AMC has begun charging more for better seats in its movie theaters in a few cities and will soon roll out the policy out nationwide by the end of the year.

The program, dubbed Sightline, will give a discount for those who are willing to crane their necks in the front row while seats in the “preferred” section in the middle will pay $1 or $2 more.

This policy will affect only film showings after 4 p.m. And those who sign up for AMC’s monthly subscription program won’t have to pay the extra charge. AMC, the nation’s largest movie chain headquartered in Kansas City, has 18 locations in metro Atlanta.

Tiered pricing is already in place at Michigan-based NGC Cinemas. At NGC theaters in metro Atlanta, the chain charges $2.50 extra for its recliner “VIP” seats vs. regular seats.

Tiered pricing is standard practice at concerts and plays, where front row is actually preferred. Sports teams now often charge more for games when the opponent is particularly popular.

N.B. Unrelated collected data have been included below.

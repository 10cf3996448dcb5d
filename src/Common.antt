-- ===== src/Common.antt =====
-- cpp/common: the data structures and services that host and client share.
pub mod FixedRing
pub mod LockFreeQueue
pub mod PacketPool
pub mod SafeQueue
pub mod ClockSync
pub mod Crypto
pub mod Protocol
pub mod Session
pub mod Stun
pub mod Config
pub mod Profiler
mod Tests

Theaters also charge more for 3D showings, and matinee pricing has been around for decades.

Brandt Gully, who owns Sandy Springs Cinema & Taphouse, said his theater will sometimes charge more for a high-demand movie on opening weekend or if a film is particularly hot. “Call it surge pricing, similar to the pro-sports ticketing model,” he said.

Christopher Escobar, owner of Plaza Theatre in Atlanta, said he purchased AMC stock in 2020 during the depths of the pandemic and then made a profit when the prices bounded back. He still owns a few shares. He said this new AMC policy is just a gimmick to get them attention and doubts it will help their bottom line.

The chain has $10 billion in debt and according to, is burning through cash.

“They’re flailing about,” Escobar said. “They don’t know what to do.”

AMC’s most direct rival Regal Cinema is in even worse financial shape, exacerbated by the pandemic. Its parent company Cineworld filed for bankruptcy protection last September and has been closing theaters nationwide, including Atlanta’s Tara Cinema in November.